Discussion in 'Journalism topics only' started by PeteyPirate, Apr 16, 2008.

  1. PeteyPirate

    PeteyPirate Guest

    This guy just won the Pulitzer for his economic commentaries. I don't know if I agree with his underlying premise that newspapers don't give the readers enough credit.

    http://www.washingtonpost.com/wp-dyn/content/article/2008/04/15/AR2008041503159.html?hpid=news-col-blog
     
  2. Twoback

    Twoback Active Member

    Newspapers generally never had faith in their readers.
    How can you lose what you didn't have?
     
  3. Dave Kindred

    Dave Kindred Member

    I pay attention to Pearlstein. He once did a steroids-in-baseball column that was by far the best I read. He won the Pulitzer for columns warning, a year out, of the mortgage lending implosion. What he says in this column is that someone very bright, very brave, and very rich will soon create a Home Depot/Barnes & Noble/Starbucks of newspapers. Imagine his own paper, The Washington Post, buying every mid-size paper within 150 miles of D.C. I can see a masthead:
    The Fredericksburg Free Lance-Star
    A Washington Post Company News Organization

    And, yes, newspapers long have underestimated readers and giving them less is suicide by a thousand cuts.
     
  4. PeteyPirate

    PeteyPirate Guest

    A lot of people place stock in what Pearlstein says, and I say that literally. When he won the Pulitzer, a couple of the online commenters mentioned that they followed his investment advice to hedge against the impending crisis and didn't get killed in the market.
     
  5. This graph was a bit surprising:

    Today there are 1,437 daily newspapers in the United States, of which all but 400 have circulations of under 25,000. At that size, it is unlikely they can ever be very efficient or, for that matter, very good.

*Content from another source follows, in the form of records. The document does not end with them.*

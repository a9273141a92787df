-- ===== src/Collect/Tests.antt =====
-- A Linux host whose SSH server has no settings, and the sweep of two collects.
use assistant_audit.Prelude.{
  ℕ, first, ◌==◌, ◌+◌, ◌≡◌, refl, String, true, false, Option, none, some, List, [], ◌∷◌, map,
  nat_eq, decimal, length, select, All, count_by,
}
use assistant_audit.Errors.{Returns}
use assistant_audit.Compliance.{ControlResult, critical, not_assessed}
use assistant_audit.Compliance.Score.Tests.{sample_control, sample_result}
use assistant_audit.Collect.Rows.{LinuxFacts, WindowsFacts, running, success}
use assistant_audit.Collect.LinuxMap.{linux_control_map}
use assistant_audit.Collect.Linux.{evaluate_linux_check}
use assistant_audit.Collect.Windows.{Days}
use assistant_audit.Collect.Findings.{
  Facts, Checks, ssh, checks_of, checks_of_method, analyze_collect_findings, generate_summary,
}
use assistant_audit.Collect.Prefill.{
  StoredCollect, PrefillDb, is_result_for, last, prefill_assessment_from_collect,
}
use assistant_audit.Collect.Stored.{IsFilled, verdict_on}
use assistant_audit.Collect.Agreement.{
  is_passed, is_failed, is_there, is_non_compliant, analyze_collect_findings-summary,
  prefill_assessment_from_collect-agrees,
}
use assistant_audit.Collect.Sweep.{
  CollectRow, TaskOwner, status_failed, is_overdue, sync_collect_sweep, sync_collect_sweep-expires,
}

abbrev bare : LinuxFacts
bare = record {
  distro = some "Ubuntu";
  version_id = some "24.04";
  security_updates = some 3;
  auto_updates_configured = none;
  ssh_permit_root_login = none;
  ssh_password_authentication = none;
  pam_pwquality = some "minlen = 14";
  firewall_status = some "ufw_active";
  rsyslog_active = some "active";
  auditd_active = none;
  antivirus_edr = none;
  passwd_perms = some "-rw-r--r-- 1 root root /etc/passwd\n-rw-r----- 1 root shadow /etc/shadow";
}

abbrev no_windows : WindowsFacts
no_windows = record {
  caption = none;
  last_update_date = none;
  wsus_configured = none;
  wsus_server = none;
  admin_renamed = none;
  meets_12_chars = none;
  min_length_value = none;
  lockout_configured = none;
  lockout_threshold = none;
  firewall_all_enabled = none;
  firewall_profiles = [];
  rdp_enabled = none;
  rdp_nla_enabled = none;
  audit_policy = none;
  logs_min_100mb = none;
  event_logs = [];
  antivirus_active = none;
}

abbrev collect : Facts
collect = record { method = ssh; device_profile = none; linux = bare; windows = no_windows }

abbrev no_dates : String → Option Days
no_dates text = none

abbrev no_firewall : Facts → Checks
no_firewall c = record { control_map = []; evaluate = λ check. (true, "") }

linux_checks : checks_of no_dates no_firewall collect ≡ some (checks_of_method no_dates collect)
unfolding checks_of
linux_checks = refl

failing :
    map (λ f. f.control_ref) (analyze_collect_findings no_dates no_firewall collect)
    ≡ "LSRV-002" ∷ "LSRV-003" ∷ "LSRV-032" ∷ "LSRV-041" ∷ []
unfolding analyze_collect_findings evaluate_linux_check
failing = refl

updates_pending :
    evaluate_linux_check bare "no_pending_security_updates"
    ≡ (false, "3 mise(s) à jour de sécurité en attente")
unfolding evaluate_linux_check decimal
updates_pending = refl

analyze_collect_findings-summary_example :
    let findings = analyze_collect_findings no_dates no_firewall collect in
    let s = generate_summary no_dates no_firewall collect findings in
    (map (λ f. f.control_ref) findings
      ≡ map (λ m. m.control_ref) (select (is_failed (evaluate_linux_check bare)) linux_control_map))
    × (s.compliant + s.non_compliant ≡ s.total_checks)
    × (s.compliant ≡ length (select (is_passed (evaluate_linux_check bare)) linux_control_map))
analyze_collect_findings-summary_example =
    analyze_collect_findings-summary no_dates no_firewall collect linux_checks

-- A host whose SSH server is not configured, as the collectors write it: the check for root passes,
-- since "not_set" contains "no", and so does that for passwords.
root_not_set :
    evaluate_linux_check
      (record bare { ssh_permit_root_login = some "NOT_SET" })
      "ssh_root_disabled"
    ≡ (true, "PermitRootLogin = not_set")
unfolding evaluate_linux_check
root_not_set = refl

password_not_set :
    evaluate_linux_check
      (record bare { ssh_password_authentication = some "NOT_SET" })
      "ssh_password_disabled"
    ≡ (true, "PasswordAuthentication = no")
unfolding evaluate_linux_check
password_not_set = refl

abbrev stored : StoredCollect
stored = record { id = 4; status = success; facts = collect }

-- A result for the control of the updates, whose check fails.
abbrev updates_result : ControlResult
updates_result = record (sample_result 1 1 critical not_assessed) {
  control = some (record (sample_control 1 critical) { ref_id = "LSRV-002" });
}

abbrev db : PrefillDb
db = record { collects = stored ∷ []; assessment_ids = 1 ∷ []; results = updates_result ∷ [] }

-- What the theorem says of the stored row: the check of its control failed.
updates_fail :
    verdict_on
      (evaluate_linux_check bare)
      (λ ref. last (is_result_for 1 ref) db.results)
      1
      linux_control_map
    ≡ some false
unfolding evaluate_linux_check last
updates_fail = refl

prefill_assessment_from_collect-agrees_example :
    Returns
      (λ p.
        (map (λ d. d.control_ref) (select is_non_compliant p.1.details)
          ≡ select
              (λ ref. is_there (last (is_result_for 1 ref) db.results))
              (map (λ f. f.control_ref) (analyze_collect_findings no_dates no_firewall collect)))
        × (p.1.controls_prefilled ≡ p.1.controls_compliant + p.1.controls_non_compliant)
        × (length p.1.details ≡ p.1.controls_prefilled)
        × (length (select is_non_compliant p.1.details) ≡ p.1.controls_non_compliant)
        × ((k : ℕ) (x : ControlResult)
            → first (λ z. z.id == k) db.results ≡ some x
            → let result_for = λ (ref : String). last (is_result_for 1 ref) db.results in
              (y : ControlResult) × (first (λ z. z.id == k) p.0.results ≡ some y)
              × IsFilled
                  (verdict_on (evaluate_linux_check bare) result_for k linux_control_map)
                  x
                  y))
      (prefill_assessment_from_collect no_dates db 100 4 1)
prefill_assessment_from_collect-agrees_example =
    prefill_assessment_from_collect-agrees no_dates no_firewall db 100 4 1 refl refl refl
      linux_checks

-- The first collect is too old; its task has an owner.
abbrev old : CollectRow
old = record {
  id = 1;
  status = running;
  error_message = none;
  agent_task_id = some 8;
  created_at = 0;
  completed_at = none;
  duration_seconds = none;
}

abbrev recent : CollectRow
recent = record old { id = 2; created_at = 9000000 }

abbrev owners : List TaskOwner
owners = record { id = 8; owner_id = 10 } ∷ []

notified : (sync_collect_sweep owners 10000000 5000000 (old ∷ recent ∷ [])).1 ≡ (10, 1) ∷ []
unfolding sync_collect_sweep
notified = refl

sync_collect_sweep-expires_example :
    let swept = sync_collect_sweep owners 10000000 5000000 (old ∷ recent ∷ []) in
    All (λ c. is_overdue 10000000 5000000 c ≡ false) swept.0
    × (count_by (λ c. status_failed c.status) swept.0 ≡ 0 + 1)
    × (length swept.0 ≡ 2)
    × (sync_collect_sweep owners 10000000 5000000 swept.0 ≡ (swept.0, []))
sync_collect_sweep-expires_example =
    sync_collect_sweep-expires owners 10000000 5000000 (old ∷ recent ∷ [])
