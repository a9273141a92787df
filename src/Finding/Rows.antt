-- ===== src/Finding/Rows.antt =====
-- backend/app/models/finding.py
use assistant_audit.Prelude.{
  ℕ, String, Option, none, some, List, [], ◌∷◌, true, nat_eqb, ◌≡◌, ◌↔◌, Eq, ◌==◌, string_eq, arith,
  if◌then◌else◌,
}
use assistant_audit.Compliance.{Severity, ControlResult}
use assistant_audit.Campaign.{Assessment}

-- `FindingStatus`; "open" is `opened`.
pub data FindingStatus : Type 0 where
  opened assigned in_progress remediated verified closed : FindingStatus

abbrev pub finding_rank : FindingStatus → ℕ
finding_rank opened = 0
finding_rank assigned = 1
finding_rank in_progress = 2
finding_rank remediated = 3
finding_rank verified = 4
finding_rank closed = 5

pub finding_rank_iff :
    (a b : FindingStatus) → (nat_eqb (finding_rank a) (finding_rank b) ≡ true) ↔ (a ≡ b)
finding_rank_iff a b = ground arith

instance abbrev pub finding_status_eq : Eq FindingStatus
finding_status_eq = record {
  eqb = λ a b. nat_eqb (finding_rank a) (finding_rank b);
  eqb_iff = finding_rank_iff;
}

-- `FindingStatus(text)`, which raises `ValueError` on any other text
unfoldable pub parse_status : String → Option FindingStatus
parse_status s =
    if s == "open"
    then some opened
    else if s == "assigned"
    then some assigned
    else if s == "in_progress"
    then some in_progress
    else if s == "remediated"
    then some remediated
    else if s == "verified"
    then some verified
    else if s == "closed"
    then some closed
    else none

-- `VALID_TRANSITIONS`
unfoldable pub valid_transitions : FindingStatus → List FindingStatus
valid_transitions opened = assigned ∷ closed ∷ []
valid_transitions assigned = in_progress ∷ opened ∷ []
valid_transitions in_progress = remediated ∷ assigned ∷ []
valid_transitions remediated = verified ∷ in_progress ∷ []
valid_transitions verified = closed ∷ opened ∷ []
valid_transitions closed = opened ∷ []

pub record Finding : Type 0 where
  pub id : ℕ
  pub control_result_id : ℕ
  pub assessment_id : ℕ
  pub equipment_id : ℕ
  pub title : String
  pub description : Option String
  pub severity : Severity
  pub status : FindingStatus
  pub remediation_note : Option String
  pub assigned_to : Option String
  pub duplicate_of_id : Option ℕ
  pub created_by : Option ℕ

pub record FindingStatusHistory : Type 0 where
  pub finding_id : ℕ
  pub old_status : FindingStatus
  pub new_status : FindingStatus
  pub changed_by : Option ℕ
  pub comment : Option String
  pub created_at : ℕ

-- The tables that the service touches; `history` is in the order of insertion.
pub record FindingDb : Type 0 where
  pub findings : List Finding
  pub history : List FindingStatusHistory
  pub results : List ControlResult
  pub assessments : List Assessment
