-- ===== src/Finding/Service.antt =====
-- The methods of `FindingService` that write, and its counters.
use assistant_audit.Prelude.{
  ℕ, ◌+◌, String, Bool, true, not, ◌||◌, ◌&&◌, Option, none, some, List, [], ◌∷◌, ◌++◌, ◌==◌,
  nat_eq, first, select, update, count_by, contains, nonempty, override, if◌then◌else◌,
}
use assistant_audit.Errors.{
  value_error, attribute_error, multiple_results, Result, ok, err, ◌>>=◌, ◌>>◌, raise_if, require,
}
use assistant_audit.Compliance.{
  medium, non_compliant, partially_compliant, status_eq, ControlResult,
}
use assistant_audit.Campaign.{Assessment}
use assistant_audit.Finding.Rows.{
  FindingStatus, opened, assigned, in_progress, remediated, verified, closed, finding_status_eq,
  parse_status, valid_transitions, Finding, FindingStatusHistory, FindingDb,
}

-- The `where` of the query for the results to report.
abbrev pub is_reported : ℕ → ControlResult → Bool
is_reported assessment_id r =
    r.assessment_id == assessment_id
    && (r.status == non_compliant || r.status == partially_compliant)

abbrev pub is_finding_of : ControlResult → ℕ → Finding → Bool
is_finding_of r assessment_id f = f.control_result_id == r.id && f.assessment_id == assessment_id

-- `scalar_one_or_none`, which raises on more than one row
abbrev pub one_or_none {ℓ} : {A : Type ℓ} → List A → Result (Option A)
one_or_none [] = ok none
one_or_none (x ∷ []) = ok (some x)
one_or_none (x ∷ y ∷ xs) = err multiple_results

-- `title` is the f-string "Contrôle #{control_id}" where the result has no control; the text of
-- that number is an argument.
unfoldable pub new_finding : (ℕ → String) → ℕ → ℕ → Option ℕ → Assessment → ControlResult → Finding
new_finding numbered id assessment_id user_id a r = record {
  id = id;
  control_result_id = r.id;
  assessment_id = assessment_id;
  equipment_id = a.equipement_id;
  title = elim r.control [ none ↦ numbered r.control_id | some c ↦ c.title ];
  description = r.comment;
  severity = elim r.control [ none ↦ medium | some c ↦ c.severity ];
  status = opened;
  remediation_note = r.remediation_note;
  assigned_to = none;
  duplicate_of_id = none;
  created_by = user_id;
}

-- What the loop of `generate_from_assessment` carries.
pub record Generated : Type 0 where
  pub findings : List Finding
  pub next_id : ℕ
  pub generated : ℕ
  pub skipped : ℕ

-- The session does not flush before a query (`autoflush=False`), so each round looks for a finding
-- among those `stored` when the loop began.
module _ (numbered : ℕ → String) (stored : List Finding) (assessments : List Assessment)
    (assessment_id : ℕ) (user_id : Option ℕ) where
  unfoldable pub generate_one : ControlResult → Generated → Result Generated
  unfolding new_finding
  generate_one r g = do
    existing ← one_or_none (select (is_finding_of r assessment_id) stored)
    elim existing [
      | some _ ↦ ok (record g { skipped = g.skipped + 1 })
      | none ↦ do
        a ← require (first (λ a. a.id == r.assessment_id) assessments) attribute_error
        ok (record g {
          findings = g.findings ++ new_finding numbered g.next_id assessment_id user_id a r ∷ [];
          next_id = g.next_id + 1;
          generated = g.generated + 1;
        })
    ]

  unfoldable pub generate_loop : List ControlResult → Generated → Result Generated
  generate_loop [] g = ok g
  generate_loop (r ∷ rs) g = generate_one r g >>= generate_loop rs

unfoldable pub generate_from_assessment :
    (ℕ → String) → FindingDb → ℕ → ℕ → Option ℕ → Result (FindingDb × ℕ × ℕ)
unfolding generate_loop
generate_from_assessment numbered db next_id assessment_id user_id = do
  g ←
      generate_loop numbered db.findings db.assessments assessment_id user_id
        (select (is_reported assessment_id) db.results)
        (record { findings = db.findings; next_id = next_id; generated = 0; skipped = 0 })
  ok (record db { findings = g.findings }, g.generated, g.skipped)

-- `db.get(Finding, finding_id)`
abbrev pub get_finding : FindingDb → ℕ → Option Finding
get_finding db finding_id = first (λ f. f.id == finding_id) db.findings

unfoldable pub update_status :
    FindingDb
    → ℕ
    → Finding
    → String
    → Option ℕ
    → Option String
    → Option String
    → Result (FindingDb × Finding)
update_status db now finding new_status_str user_id comment assigned_to = do
  new_status ← require (parse_status new_status_str) value_error
  raise_if (not (contains new_status (valid_transitions finding.status))) value_error
  let entry : FindingStatusHistory = record {
    finding_id = finding.id;
    old_status = finding.status;
    new_status = new_status;
    changed_by = user_id;
    comment = comment;
    created_at = now;
  }
  let change = λ (f : Finding). record f {
    status = new_status;
    assigned_to = override assigned_to f.assigned_to;
  }
  ok (
    record db {
      findings = update (λ f. f.id == finding.id) change db.findings;
      history = db.history ++ entry ∷ [];
    },
    change finding,
  )

-- `if original.remediation_note and not finding.remediation_note`
abbrev pub inherited_note : Option String → Option String → Option String
inherited_note original own = elim (nonempty own) [
  | some s ↦ own
  | none ↦ override (nonempty original) own
]

unfoldable pub link_duplicate : FindingDb → Finding → ℕ → Result (FindingDb × Finding)
link_duplicate db finding duplicate_of_id = do
  original ← require (get_finding db duplicate_of_id) value_error
  raise_if (original.id == finding.id) value_error
  let change = λ (f : Finding). record f {
    duplicate_of_id = some duplicate_of_id;
    remediation_note = inherited_note original.remediation_note f.remediation_note;
  }
  ok (record db { findings = update (λ f. f.id == finding.id) change db.findings }, change finding)

abbrev pub in_scope : Option ℕ → Finding → Bool
in_scope none f = true
in_scope (some a) f = f.assessment_id == a

-- The rows of one status, of one assessment or of all.
unfoldable pub count_status_of : FindingDb → Option ℕ → FindingStatus → ℕ
count_status_of db assessment_id s =
    count_by (λ f. f.status == s && in_scope assessment_id f) db.findings

-- The rows of the `GROUP BY`: the statuses that occur, with their counts.
unfoldable pub grouped : FindingDb → Option ℕ → List FindingStatus → List (FindingStatus × ℕ)
unfolding count_status_of
grouped db assessment_id [] = []
grouped db assessment_id (s ∷ rest) =
    let n = count_status_of db assessment_id s in
    let more = grouped db assessment_id rest in if n == 0 then more else (s, n) ∷ more

-- The dict of counters: a function from the status values, 0 at first, and "total".
unfoldable pub counts_from :
    List (FindingStatus × ℕ) → (FindingStatus → ℕ) → ℕ → (FindingStatus → ℕ) × ℕ
counts_from [] counts total = (counts, total)
counts_from ((s, n) ∷ rows) counts total =
    counts_from rows (λ x. if x == s then n else counts x) (total + n)

unfoldable pub counts_by_status : FindingDb → Option ℕ → (FindingStatus → ℕ) × ℕ
unfolding grouped counts_from
counts_by_status db assessment_id =
    counts_from
      (grouped db assessment_id
        (opened ∷ assigned ∷ in_progress ∷ remediated ∷ verified ∷ closed ∷ []))
      (λ _. 0) 0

    I don't know that I have faith in those numbers.

    I like what he said about diminishing the quality of newspapers ..
     
  6. STLIrish

    STLIrish Active Member

    Which of the numbers do you not "have faith in?"

    I think his broader point - that there's a market for a useful guide to understanding the world and we can be it, but right now we're moving in the wrong direction - is right on.
     
  7. DanOregon

    DanOregon Well-Known Member

    I agree with a lot of points made in the article. The Internet has put the world at our fingertips, and trying to compete with that with "local-local" coverage seems quaint at best. I wouldn't mind the Local focus if it was uncovering a lot of dirt and really shaking things up, but I find most papers using the philosophy to justify coverage of business openings (but never closings) and focusing on the fluff instead of issue related coverage.
     
  8. Nearly two-thirds of the country's newspapers are smaller than 25,000 circ. Really?

    Live and learn I guess.
     
  9. DanOregon

    DanOregon Well-Known Member

    I think if you include weeklies and twice-weeklies which serve a lot of smaller communities the numbers make sense.
    And its not just newspapers that are dumbing down their coverage TWO Portland stations led their newscasts tonight in Portland with two black labs getting mixed up and sent home to different owners from a local kennel, including hints at possible legal action. I see stories like that and I get the impression nothing is really going on in the world.
     
  10. NightOwl

    NightOwl Guest

    Don't know if newspapers have lost their faith.

    Definitely know that newspapers have lost their way.

    I love good design, but decisions on content -- and what it takes to provide great content -- seem to be not the major thrust anymore.

    Unless Britney Spears farts or something. Then we have three meetings and a makeover for the front page.
     
  11. buckweaver

    buckweaver Active Member

    In the three years I was at my last paper, I can count on one hand how many discussions we had about "providing great content," or something to the effect of improving the quality of the paper.

    We had to work too hard just to tread water.
     
  12. DanOregon

    DanOregon Well-Known Member

    Which brings on a good point about staff cutbacks dictating coverage that can be "locked in" for the 3 p.m. budget meeting or at least before the eds head home at 6 or 7 p.m.